IMF, World Bank to Conclude First Vietnam Financial Analysis
The International Monetary Fund and World Bank expect to conclude next year their first analysis of Vietnam’s financial system, which may bolster government efforts to strengthen the banking sector and boost investor confidence.
The Financial Sector Assessment Program gauges the stability of a country’s financial system and identifies vulnerabilities that could trigger a crisis, via measures such as stress tests, according to a posting on the IMF website. It also examines the nation’s legal framework and financial infrastructure, such as its payments and settlements system.
The health of Vietnam’s banking system is a growing concern, with asset quality deteriorating and “delayed and inadequate” implementation of restructuring, the World Bank said yesterday. Moody’s Investors Service downgraded the nation’s credit rating in September, citing concerns that weaknesses in the banking sector may damage the government’s balance sheet.
“Many people, including other international financial institutions, have asked for more complete information on Vietnam’s banks and state-owned enterprises,” Sanjay Kalra, the IMF’s senior resident representative in Hanoi, said in an interview yesterday. “We are very encouraged by the decision of the government to participate in this program.”

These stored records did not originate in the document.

-- ===== src/Mediapackage/Write.antt =====
-- internal/mediapackage/write.go.
use gophercast.Prelude.{
  ℕ, String, Bool, true, false, not, ◌&&◌, ◌||◌, Option, none, some, List, [], map, ok, err, Result,
  str_eq, if◌then◌else◌, any, keep,
}
use gophercast.Prelude.Table.{find_by, update_where}
use gophercast.Search.Rows.{
  Package, MetadataRow, Series, Publication, Element, Snapshot, Db, package_key, metadata_key,
  series_key,
}
use gophercast.Search.Project.{
  Error, no_rows, foreign_key, is_some, find_package, find_series, coalesce, begin_func,
  project_event, project_series, ◌>>=◌,
}
use gophercast.Mediapackage.Metadata.{Metadata, SeriesMetadata, nullif, refers, put_metadata}

abbrev pub text_or_empty : Option String → String
text_or_empty s = coalesce s ""

abbrev pub is_live_id : String → Package → Bool
is_live_id id p = str_eq p.id id && not (is_some p.deleted_at)

abbrev pub find_live : Option Package → Option Package
find_live none = none
find_live (some p) = if is_some p.deleted_at then none else some p

abbrev pub metadata_of : String → Option MetadataRow → Metadata
metadata_of series none = record {
  creators = [];
  contributors = [];
  language = "";
  description = "";
  subjects = [];
  location = "";
  license = "";
  created = none;
  series_id = series;
  status = "";
}
metadata_of series (some m) = record {
  creators = m.creators;
  contributors = m.contributors;
  language = text_or_empty m.language;
  description = text_or_empty m.description;
  subjects = m.subjects;
  location = text_or_empty m.location;
  license = text_or_empty m.license;
  created = m.created;
  series_id = series;
  status = text_or_empty m.status;
}

abbrev pub dc_of : Option Package → Db → Result Error (String × Option ℕ × Metadata)
dc_of none db = err no_rows
dc_of (some p) db = ok (
  text_or_empty p.title,
  p.start_time,
  metadata_of (text_or_empty p.series_id) (find_by metadata_key p.id db.metadata),
)

-- A missing or tombstoned event is an error.
unfoldable pub get_event_dc : String → Db → Result Error (String × Option ℕ × Metadata)
get_event_dc id db = dc_of (find_live (find_package id db)) db

abbrev pub with_dc : String → Option ℕ → Option String → Package → Package
with_dc title start s p = record p { title = nullif title; start_time = start; series_id = s }

unfoldable pub update_dc : String → String → Option ℕ → Option String → Db → Result Error Db
update_dc id title start s db =
    if refers s db || not (any (is_live_id id) db.packages)
    then ok (record db {
      packages = update_where package_key (is_live_id id) (with_dc title start s) db.packages;
    })
    else err foreign_key

unfoldable pub set_event_dc_body : String → String → Option ℕ → Metadata → Db → Result Error Db
unfolding update_dc put_metadata project_event
set_event_dc_body id title start md db = do
  updated ← update_dc id title start (nullif md.series_id) db
  written ← put_metadata id md updated
  project_event id written

unfoldable pub set_event_dc :
    String → String → Option ℕ → Metadata → Db → Result Error (Unit {0}) × Db
unfolding set_event_dc_body
set_event_dc id title start md db = begin_func (set_event_dc_body id title start md db) db

abbrev pub series_dc : Option Series → Option SeriesMetadata
series_dc none = none
series_dc (some s) =
    if is_some s.deleted_at
    then none
    else some (record {
      title = text_or_empty s.title;
      contributors = s.contributors;
      organizers = s.organizers;
      language = text_or_empty s.language;
      description = text_or_empty s.description;
      subjects = s.subjects;
      created = s.created;
    })

-- `none` is `found = false`.
unfoldable pub get_series_dc : String → Db → Option SeriesMetadata
get_series_dc id db = series_dc (find_series id db)

abbrev pub of_package : String → List Element → List String
of_package id es = map (λ e. e.id) (keep (λ (e : Element). str_eq e.mediapackage_id id) es)

abbrev pub holds_tag : List String → String × String → Bool
holds_tag ids (e, t) = any (str_eq e) ids

-- The deletes: publications, the tags of the event's elements, the elements, the snapshots.
unfoldable pub drop_archive : String → Db → Db
drop_archive id db = record db {
  publications = keep (λ (p : Publication). not (str_eq p.mediapackage_id id)) db.publications;
  element_tags = keep (λ t. not (holds_tag (of_package id db.elements) t)) db.element_tags;
  elements = keep (λ (e : Element). not (str_eq e.mediapackage_id id)) db.elements;
  snapshots = keep (λ (s : Snapshot). not (str_eq s.mediapackage_id id)) db.snapshots;
}

abbrev pub mark_deleted : ℕ → Package → Package
mark_deleted now p = record p { deleted_at = some now }

-- The transaction's result, and whether the event was found.
abbrev pub committed : Result Error Db → Db → Result Error Bool × Db
committed (ok after) before = (ok true, after)
committed (err e) before = (err e, before)

unfoldable pub tombstone_event : ℕ → String → Db → Result Error Bool × Db
unfolding drop_archive project_event
tombstone_event now id db =
    if any (is_live_id id) db.packages
    then committed
        (project_event id (
          drop_archive id (record db {
            packages = update_where package_key (is_live_id id) (mark_deleted now) db.packages;
          })))
        db
    else (ok false, db)

abbrev pub is_live_series_id : String → Series → Bool
is_live_series_id id s = str_eq s.id id && not (is_some s.deleted_at)

unfoldable pub tombstone_series : ℕ → String → Db → Result Error Bool × Db
unfolding project_series
tombstone_series now id db =
    if any (is_live_series_id id) db.series
    then committed
        (ok (
          project_series id (record db {
            series =
                update_where series_key (is_live_series_id id)
                  (λ s. record s { deleted_at = some now }) db.series;
          })))
        db
    else (ok false, db)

Restructuring of state-owned companies is one of three areas of focus over the next five years, the ruling Communist Party said last year. The World Bank said yesterday that “limited progress” has been made, and that their inefficiencies are “a drag on long-term growth potential.”
“State-owned enterprises are important borrowers of the banks, and we have not yet seen adequate information about these borrowers,” Kalra said. The assessment will clear the way for “concrete reforms that can create a sound and healthy financial sector,” he said yesterday in a statement in Hanoi.
An initial mission came to Vietnam in the fourth quarter and a follow-up is planned for January, Kalra said. The assessment is expected to be completed in the first half of next year, and a decision on whether to publish it would be left to the Vietnamese government, he said.
The World Bank will encourage the government “to not be afraid to be public with it,” said Victoria Kwakwa, the lender’s country director in Vietnam.
“We will try and encourage them,” Kwakwa said in an interview today. “It’s good for them on the transparency front, and it will remove some of the question marks about Vietnam.”